**Instructions to follow:** Copy out each line of the material in which the word "Chains" can be found.

**Task input:**
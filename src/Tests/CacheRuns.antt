-- ===== src/Tests/CacheRuns.antt =====
-- The chain state and the request cache: runs, and the theorems on them.
use blocknet_core.Prelude.{
  ℕ, ◌≤◌, ◌≡◌, ◌≢◌, ◌⊎◌, inr, refl, [], ◌∷◌, Bytes, Bool, true, false, some, arith, length, All,
  bytes_eq, if◌then◌else◌,
}
use blocknet_core.Prelude.Maps.{lookup, insert, delete}
use blocknet_core.Idempotency.{
  IdempotencyEntry, Cache, start, inflight, mismatch, replay, expired, drop_expired, prune, older,
  oldest, evict, enforce_cap, answer_for, get_or_start, complete, abandon,
}
use blocknet_core.Idempotency.Histories.{Call, asks, completes, apply, Leads, stay, call, one_start}
use blocknet_core.Idempotency.Cap.{InFlight, enforce_cap_bound}
use blocknet_core.Idempotency.Replay.{HasRoom, InTime, get_or_start-complete}

unfoldable pub requests : Unit {0}
unfolding lookup insert delete bytes_eq expired drop_expired prune older oldest evict enforce_cap
    answer_for get_or_start complete abandon
requests = tt

abbrev empty_cache : Cache
empty_cache = record { ttl = 1000; max_entries = 1; entries = [] }

-- A request starts, and another one starts and is completed meanwhile.
started : Cache
unfolding requests
started = (get_or_start 10 (1 ∷ []) (9 ∷ []) empty_cache).1

start_run : get_or_start 10 (1 ∷ []) (9 ∷ []) empty_cache ≡ (start, started)
unfolding requests started
start_run = refl

abbrev first_call : Call
first_call = asks 20 (2 ∷ []) (8 ∷ [])

abbrev second_call : Call
second_call = completes 5000 (2 ∷ []) (8 ∷ []) (record { status = 200; body = 5 ∷ [] })

later_cache : Cache
later_cache = apply second_call (apply first_call started)

other_request : ◌≢◌ {A = Bytes} (2 ∷ []) (1 ∷ [])
other_request e = absurd (cc e)

reached : Leads (1 ∷ []) started later_cache
unfolding later_cache
reached =
    call started later_cache first_call tt
      (call (apply first_call started) later_cache second_call other_request (stay later_cache))

one_start_example :
    (get_or_start 9000 (1 ∷ []) (9 ∷ []) later_cache).0
    ≡ (if bytes_eq (9 ∷ []) (9 ∷ []) then inflight else mismatch)
one_start_example = one_start 10 (1 ∷ []) (9 ∷ []) empty_cache start_run reached 9000 (9 ∷ [])

abbrev entry_at : ℕ → Bool → IdempotencyEntry
entry_at t flying = record {
  created_at = t;
  req_hash = 9 ∷ [];
  in_flight = flying;
  result = record { status = 200; body = [] };
}

abbrev full_cache : Cache
full_cache = record {
  ttl = 1000;
  max_entries = 1;
  entries =
      (1 ∷ [], entry_at 10 true) ∷ (2 ∷ [], entry_at 30 false) ∷ (3 ∷ [], entry_at 20 false) ∷ [];
}

enforce_cap_bound_example :
    (length (enforce_cap full_cache).entries ≤ full_cache.max_entries)
    ⊎ All InFlight (enforce_cap full_cache).entries
enforce_cap_bound_example = enforce_cap_bound full_cache (omega arith) (refl, (refl, (refl, tt)))

full_cache_keeps :
    enforce_cap full_cache ≡ record full_cache { entries = (1 ∷ [], entry_at 10 true) ∷ [] }
unfolding requests
full_cache_keeps = refl

flying_there :
    lookup (1 ∷ []) started.entries
    ≡ some (record (entry_at 10 true) { result = record { status = 0; body = [] } })
unfolding requests started
flying_there = refl

started_room : HasRoom started
unfolding requests started
started_room = inr (omega arith)

started-InTime : InTime started 100 900
unfolding requests started
started-InTime = inr (omega arith)

get_or_start-complete_example :
    (get_or_start 900
      (1 ∷ [])
      (9 ∷ [])
      (complete 100 (1 ∷ []) (9 ∷ []) (record { status = 201; body = 4 ∷ [] }) started)).0
    ≡ replay (record { status = 201; body = 4 ∷ [] })
get_or_start-complete_example =
    get_or_start-complete 100 900 (1 ∷ []) (9 ∷ []) (record { status = 201; body = 4 ∷ [] }) started
      (record (entry_at 10 true) { result = record { status = 0; body = [] } }) flying_there refl
      refl started_room started-InTime
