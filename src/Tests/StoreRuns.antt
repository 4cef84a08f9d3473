-- ===== src/Tests/StoreRuns.antt =====
-- The chain database: blocks committed, a reorganization, and the theorems on them.
use blocknet_core.Prelude.{
  ℕ, ◌≡◌, ◌*◌, refl, List, [], ◌∷◌, ◌++◌, Bytes, true, Result, ok, err, arith, replicate, take,
  drop, get_le, contains, put_be_onto, put_be, get_be_from, get_be,
}
use blocknet_core.Prelude.Maps.{lookup, insert, delete, lookup-insert, lookup-delete}
use blocknet_core.Tx.{Transaction, is_coinbase}
use blocknet_core.Tx.Crypto.{Crypto}
use blocknet_core.Block.{Block}
use blocknet_core.Block.Wire.{serialize_full, write_fields}
use blocknet_core.Store.{
  KeyValue, Store, is_some, read_tip, write_tip, height_key, outpoint_key, block_hash, txid_of,
  save_output, mark_spent, unmark_spent, set_main_chain_block, remove_main_chain_block,
  hash_by_height,
}
use blocknet_core.Store.Commit.{
  BlockCommit, ReorgCommit, utxos_of, lowest, save_outputs, mark_all, set_tip, check_extends,
  put_block, commit_main_tip, commit_block, check_link, check_disconnect, base_of, check_connect,
  unmark_inputs, unmark_txs, disconnect_blocks, save_txs, mark_inputs, mark_txs, connect_block,
  connect_blocks, check_reorg, commit_reorg,
}
use blocknet_core.Store.Chains.{
  inputs_spend, txs_spend, chain_spends, SpendsOnce, extend, hash_at, tip_of, Represents,
}
use blocknet_core.Store.Extends.{commit_block_refines}
use blocknet_core.Store.Checks.{NoCollision}
use blocknet_core.Store.Refines.{commit_reorg_refines}
use blocknet_core.Tests.Samples.{toy_crypto, sample_tx, sample_input}
use blocknet_core.Tests.MempoolRuns.{program}

-- Buckets as association lists.
abbrev pub toy_kv : KeyValue
toy_kv = record {
  Bucket = λ V. List (Bytes × V);
  get = lookup;
  put = insert;
  delete = delete;
  get-put = lookup-insert;
  get-delete = λ k j m. lookup-delete k j m;
}

-- The hash of a block is told by its nonce.
abbrev pub nonce_crypto : Crypto
nonce_crypto = record toy_crypto { sha3_256 = λ bs. replicate 32 (get_le (take 1 (drop 92 bs))) }

abbrev pub spend_tx : Transaction
spend_tx = record sample_tx {
  inputs =
      record sample_input { ring_members = []; ring_commitments = []; ring_signature = [] } ∷ [];
  outputs = [];
}

abbrev pub numbered_block : ℕ → ℕ → ℕ → List Transaction → Block
numbered_block height parent nonce txs = record {
  header = record {
    version = 1;
    height = height;
    prev_hash = replicate 32 parent;
    merkle_root = replicate 32 0;
    timestamp = 100 * nonce;
    difficulty = 10;
    nonce = nonce;
  };
  transactions = txs;
}

abbrev pub block_0 : Block
block_0 = numbered_block 0 0 1 []

abbrev pub block_1 : Block
block_1 = numbered_block 1 1 2 (spend_tx ∷ [])

abbrev pub fork_1 : Block
fork_1 = numbered_block 1 1 3 []

abbrev pub fork_2 : Block
fork_2 = numbered_block 2 3 4 (spend_tx ∷ [])

unfoldable pub database : Unit {0}
unfolding program serialize_full write_fields put_be_onto put_be get_be_from get_be is_some read_tip
    write_tip height_key outpoint_key block_hash txid_of save_output mark_spent unmark_spent
    set_main_chain_block remove_main_chain_block hash_by_height utxos_of lowest save_outputs
    mark_all set_tip check_extends put_block commit_main_tip commit_block check_link
    check_disconnect base_of check_connect unmark_inputs unmark_txs disconnect_blocks save_txs
    mark_inputs mark_txs connect_block connect_blocks check_reorg commit_reorg inputs_spend
    txs_spend chain_spends extend hash_at tip_of
database = tt

abbrev pub empty_store : Store toy_kv
empty_store = record { blocks = []; heights = []; outputs = []; key_images = []; meta = [] }

abbrev value_or_empty : {E : Type 0} → Result E (Store toy_kv) → Store toy_kv
value_or_empty (ok s) = s
value_or_empty (err e) = empty_store

abbrev commit_0 : BlockCommit
commit_0 = record {
  block = block_0;
  height = 0;
  hash = replicate 32 1;
  work = 10;
  is_main_tip = true;
  new_outputs = [];
  spent_key_images = [];
}

abbrev commit_1 : BlockCommit
commit_1 = record {
  block = block_1;
  height = 1;
  hash = replicate 32 2;
  work = 20;
  is_main_tip = true;
  new_outputs = [];
  spent_key_images = replicate 32 7 ∷ [];
}

unfoldable pub store_0 : Store toy_kv
unfolding database
store_0 = value_or_empty (commit_block toy_kv nonce_crypto commit_0 empty_store)

unfoldable pub store_1 : Store toy_kv
unfolding database
store_1 = value_or_empty (commit_block toy_kv nonce_crypto commit_1 store_0)

run_0 : commit_block toy_kv nonce_crypto commit_0 empty_store ≡ ok store_0
unfolding database store_0
run_0 = refl

run_1 : commit_block toy_kv nonce_crypto commit_1 store_0 ≡ ok store_1
unfolding database store_0 store_1
run_1 = refl

empty-Represents : Represents nonce_crypto toy_kv empty_store []
unfolding database
empty-Represents = record {
  branch = tt;
  short = omega arith;
  tip = refl;
  indexes = record { heights = λ h small. refl; images = λ k. refl; stored = tt };
}

pub store_0-Represents : Represents nonce_crypto toy_kv store_0 (block_0 ∷ [])
unfolding database
store_0-Represents =
    commit_block_refines nonce_crypto toy_kv commit_0 empty_store [] empty-Represents (omega arith)
      refl (λ k. refl) refl run_0

spends_1 : (k : Bytes) → contains commit_1.spent_key_images k ≡ txs_spend block_1.transactions k
unfolding contains txs_spend inputs_spend is_coinbase
spends_1 k = ground arith

commit_block_refines_example : Represents nonce_crypto toy_kv store_1 (block_1 ∷ block_0 ∷ [])
commit_block_refines_example =
    commit_block_refines nonce_crypto toy_kv commit_1 store_0 (block_0 ∷ []) store_0-Represents
      (omega arith) refl spends_1 refl run_1

abbrev fork : ReorgCommit
fork = record {
  disconnect = block_1 ∷ [];
  connect = fork_1 ∷ fork_2 ∷ [];
  new_tip = replicate 32 4;
  new_height = 2;
  new_work = 30;
}

store_2 : Store toy_kv
unfolding database store_0 store_1
store_2 = value_or_empty (commit_reorg toy_kv nonce_crypto fork store_1)

run_2 : commit_reorg toy_kv nonce_crypto fork store_1 ≡ ok store_2
unfolding database store_0 store_1 store_2
run_2 = refl

pub store_1-Represents : Represents nonce_crypto toy_kv store_1 (block_1 ∷ block_0 ∷ [])
store_1-Represents =
    commit_block_refines nonce_crypto toy_kv commit_1 store_0 (block_0 ∷ []) store_0-Represents
      (omega arith) refl spends_1 refl run_1

pub chain-SpendsOnce : SpendsOnce (block_1 ∷ block_0 ∷ [])
unfolding database
chain-SpendsOnce = ((λ k h. refl), ((λ k h. refl), tt))

hash_0 : block_hash nonce_crypto block_0 ≡ replicate 32 1
unfolding database
hash_0 = refl

hash_1 : block_hash nonce_crypto block_1 ≡ replicate 32 2
unfolding database
hash_1 = refl

no_collision : NoCollision nonce_crypto toy_kv fork.disconnect (block_1 ∷ block_0 ∷ [])
no_collision = (((λ same. refl), ((λ same. absurd (cc (same, hash_0, hash_1))), tt)), tt)

commit_reorg_refines_example :
    (top : Block) × (below : List Block) × (block_1 ∷ block_0 ∷ []
      ≡ fork.disconnect ++ (top ∷ below))
    × Represents nonce_crypto toy_kv store_2 (extend fork.connect (top ∷ below))
commit_reorg_refines_example =
    commit_reorg_refines nonce_crypto toy_kv fork store_1 (block_1 ∷ block_0 ∷ [])
      store_1-Represents chain-SpendsOnce no_collision refl (omega arith) (omega arith) run_2
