-- ===== src/Tests/ChainRuns.antt =====
-- The chain state: a block that becomes the tip, a branch beside the main chain, and the theorems on them.
use blocknet_core.Prelude.{
  ℕ, ◌<◌, ◌≡◌, ◌⊎◌, ◌↔◌, refl, sym, ap, ◌∙◌, subst, some_eq, inl, inr, Bool-cases, Option-cases,
  bytes_eq, bytes_eq_iff, arith, length, List, [], ◌∷◌, Bytes, true, false, ◌||◌, Option, none,
  some, ok, replicate, contains, if◌then◌else◌, ◌==◌,
}
use blocknet_core.Prelude.Sorting.{exchange_pass, exchange_rounds, exchange_sort}
use blocknet_core.Tx.{Transaction}
use blocknet_core.Block.{Block, block_size, txs_size, tx_size, size_of_outputs, size_of_inputs}
use blocknet_core.Block.Wire.{serialize_for_pow}
use blocknet_core.Block.Merkle.{tx_ids, block_root, merkle_root, merkle_rounds}
use blocknet_core.Block.Difficulty.{expected_difficulty}
use blocknet_core.Block.Median.{collect_timestamps, median_of, median_from_parent}
use blocknet_core.Block.Forks.{add_cumulative_work}
use blocknet_core.Block.Validate.{
  Network, or_block, check_coinbase, coinbase_blinding, check_timestamp, check_pow,
  check_no_coinbase, check_first, check_root, check_coinbase_of, see_images, check_txs,
}
use blocknet_core.Block.Validate.Context.{check_header, check_body, validate_with_context}
use blocknet_core.Store.Chains.{chain_spends, hash_at, tip_of, SpendsOnce}
use blocknet_core.Chain.Agreement.{Agrees}
use blocknet_core.Chain.Agreement.Process.{Sound, process_block-Sound}
use blocknet_core.Prelude.Maps.{lookup}
use blocknet_core.Store.{block_hash, get_tip, save_block, key_image_spent}
use blocknet_core.Chain.{
  Chain, get_block, stored_at, get_block_by_height, image_spent, add_work, cumulative_work,
  cumulative_work_at, set_height, push_timestamp, set_inputs, set_images,
}
use blocknet_core.Chain.Spent.{
  add_inputs, add_images, ring_key, add_ring_outputs, add_ring_txs, on_main, branch_images,
  branch_spent, ring_loop, canonical_ring_index, is_ring_member,
}
use blocknet_core.Chain.Process.{
  should_skip_pow, check_checkpoint, spent_checker, validate_for_process, note_extension, commit_to,
  reorganize_to, after_reorg, place_block, parent_work, weigh_block, process_block,
}
use blocknet_core.Chain.Choice.{Chosen, process_block-Chosen}
use blocknet_core.Chain.Branches.{SpentOff, branch_spent_iff}
use blocknet_core.Tests.Samples.{sample_coinbase}
use blocknet_core.Tests.BlockRuns.{toy_network}
use blocknet_core.Tests.StoreRuns.{
  toy_kv, nonce_crypto, numbered_block, block_0, block_1, fork_1, fork_2, store_0,
  store_0-Represents, store_1, database,
}

unfoldable pub chain_calls : Unit {0}
unfolding database get_tip save_block key_image_spent get_block stored_at get_block_by_height
    image_spent add_work cumulative_work cumulative_work_at set_height push_timestamp set_inputs
    set_images add_inputs add_images ring_key add_ring_outputs add_ring_txs on_main branch_images
    branch_spent ring_loop canonical_ring_index is_ring_member should_skip_pow check_checkpoint
    spent_checker validate_for_process note_extension commit_to reorganize_to after_reorg
    place_block parent_work weigh_block process_block validate_with_context check_header check_body
    or_block check_coinbase coinbase_blinding check_timestamp check_pow check_no_coinbase
    check_first check_root check_coinbase_of see_images check_txs expected_difficulty
    collect_timestamps median_of median_from_parent block_root tx_ids merkle_root merkle_rounds
    block_size txs_size tx_size size_of_outputs size_of_inputs exchange_sort exchange_rounds
    exchange_pass serialize_for_pow add_cumulative_work
chain_calls = tt

abbrev nonce_network : Network
nonce_network = record toy_network { crypto = nonce_crypto }

abbrev heights_0 : ℕ → Option Bytes
heights_0 h = if h == 0 then some (replicate 32 1) else none

abbrev heights_1 : ℕ → Option Bytes
heights_1 h = if h == 1 then some (replicate 32 2) else heights_0 h

-- The chain that has its first block only.
chain_0 : Chain toy_kv
unfolding store_0
chain_0 = record {
  store = store_0;
  blocks = (replicate 32 1, block_0) ∷ [];
  work_at = (replicate 32 1, 10) ∷ [];
  by_height = heights_0;
  timestamps = 100 ∷ [];
  best_hash = replicate 32 1;
  height = 0;
  total_work = 10;
  key_images = [];
  ring_index = [];
  ring_index_dirty = true;
  ring_index_tip = replicate 32 0;
  ring_index_ready = false;
  trusted_checkpoints = none;
  fast_sync_until = 0;
}

root_of : List Transaction → Bytes
unfolding chain_calls
root_of txs = elim (block_root nonce_crypto (numbered_block 1 1 5 txs)) [
  | ok (some root) ↦ root
  | _ ↦ []
]

next_block : Block
unfolding chain_calls root_of
next_block =
    let b = numbered_block 1 1 5 (sample_coinbase ∷ []) in
    record b {
      header = record b.header { difficulty = 4; merkle_root = root_of (sample_coinbase ∷ []) };
    }

next_accepted : (process_block nonce_network toy_kv next_block chain_0).1 ≡ ok (true, true)
unfolding chain_calls chain_0 next_block root_of store_0
next_accepted = refl

process_block-Chosen_example :
    Chosen toy_kv nonce_network chain_0 (process_block nonce_network toy_kv next_block chain_0)
process_block-Chosen_example = process_block-Chosen toy_kv nonce_network next_block chain_0

-- Two blocks on the main chain, and a branch of two beside the second.
chain_1 : Chain toy_kv
unfolding store_1
chain_1 = record chain_0 {
  store = store_1;
  blocks =
      (replicate 32 1, block_0)
      ∷ (replicate 32 2, block_1)
      ∷ (replicate 32 3, fork_1)
      ∷ (replicate 32 4, fork_2)
      ∷ [];
  by_height = heights_1;
  best_hash = replicate 32 2;
  height = 1;
  key_images = (replicate 32 7, 1) ∷ [];
}

branch_run :
    branch_spent toy_kv chain_1 (replicate 32 4)
    ≡ ok (λ k. contains (replicate 32 7 ∷ []) k || image_spent toy_kv chain_1 k)
unfolding chain_calls chain_1 chain_0
branch_run = refl

branch_spent_iff_example :
    ((contains (replicate 32 7 ∷ []) (replicate 32 7)
        || image_spent toy_kv chain_1 (replicate 32 7))
      ≡ true)
    ↔ (SpentOff toy_kv chain_1 (replicate 32 4) (replicate 32 7)
        ⊎ (image_spent toy_kv chain_1 (replicate 32 7) ≡ true))
branch_spent_iff_example =
    branch_spent_iff toy_kv chain_1 (replicate 32 4) (replicate 32 7) branch_run

-- A block beside the second one may not repeat its transaction.
refuses_above :
    branch_spent toy_kv chain_1 (replicate 32 1)
    ≡ ok (λ k. contains [] k || image_spent toy_kv chain_1 k)
unfolding chain_calls chain_1 chain_0
refuses_above = refl

spent_above : image_spent toy_kv chain_1 (replicate 32 7) ≡ true
unfolding chain_calls chain_1 chain_0 store_1 store_0
spent_above = refl

hash_0 : block_hash nonce_crypto block_0 ≡ replicate 32 1
unfolding chain_calls
hash_0 = refl

store_0-blocks : store_0.blocks ≡ (replicate 32 1, block_0) ∷ []
unfolding chain_calls store_0
store_0-blocks = refl

one_key :
    (h : Bytes) (b : Block)
    → lookup h ((replicate 32 1, block_0) ∷ []) ≡ some b
    → (replicate 32 1 ≡ h) × (block_0 ≡ b)
unfolding lookup
one_key h b e = elim (Bool-cases (bytes_eq (replicate 32 1) h)) [
  | inl same ↦ ((bytes_eq_iff _ _).0 same, some_eq (rw (lookup, same) at e))
  | inr other ↦ absurd (cc (rw (lookup, other) at e))
]

chain_0-reads : (h : Bytes) → get_block toy_kv chain_0 h ≡ lookup h ((replicate 32 1, block_0) ∷ [])
unfolding get_block chain_0
chain_0-reads h = elim (Option-cases (lookup h ((replicate 32 1, block_0) ∷ []))) [
  | inl lost ↦ rw (get_block, lost) (ap (lookup h) store_0-blocks ∙ lost)
  | inr (b, there) ↦ rw (get_block, there) refl
]

store_0-holds : lookup (block_hash nonce_crypto block_0) store_0.blocks ≡ some block_0
unfolding chain_calls store_0
store_0-holds = refl

noted : (h : ℕ) (x : Bytes) → heights_0 h ≡ some x → hash_at nonce_crypto (block_0 ∷ []) h ≡ some x
unfolding hash_at
noted h x e = elim (Bool-cases (h == 0)) [
  | inl bottom ↦
      let zero_high : (0 == h) ≡ true = ground (arith, bottom) in
      rw zero_high (ap some hash_0 ∙ rw bottom at e)
  | inr above ↦ absurd (cc (rw above at e))
]

chain_0-Agrees : Agrees nonce_crypto toy_kv chain_0 (block_0 ∷ [])
unfolding chain_0 tip_of hash_at chain_spends
chain_0-Agrees = record {
  represents = store_0-Represents;
  tip = ap (λ h. some (h, 0)) hash_0;
  kept = (store_0-holds, tt);
  keyed = λ h b e.
      let (key, one) = one_key h b (sym (chain_0-reads h) ∙ e) in
      subst (λ (y : Block). block_hash nonce_crypto y ≡ h) one (hash_0 ∙ key);
  one_block = λ h b e. chain_0-reads h ∙ (ap (lookup h) (sym store_0-blocks) ∙ e);
  within = record { heights = noted; spent = λ k n e. absurd (cc e) };
}

chain_0-SpendsOnce : SpendsOnce (block_0 ∷ [])
unfolding chain_spends
chain_0-SpendsOnce = ((λ k h. refl), tt)

next_hash : length (block_hash nonce_crypto next_block) ≡ 32
unfolding chain_calls next_block root_of
next_hash = refl

next_height : next_block.header.height < 2305843009213693952
unfolding chain_calls next_block root_of
next_height = omega arith

process_block-Sound_example :
    Sound nonce_network toy_kv (process_block nonce_network toy_kv next_block chain_0).0
process_block-Sound_example =
    process_block-Sound nonce_network toy_kv next_block chain_0 (block_0 ∷ []) chain_0-Agrees
      chain_0-SpendsOnce next_hash next_height (omega arith)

**Answer to this task:**
use blocknet_core.Store.Chains.{
use blocknet_core.Store.Chains.{chain_spends, hash_at, tip_of, SpendsOnce}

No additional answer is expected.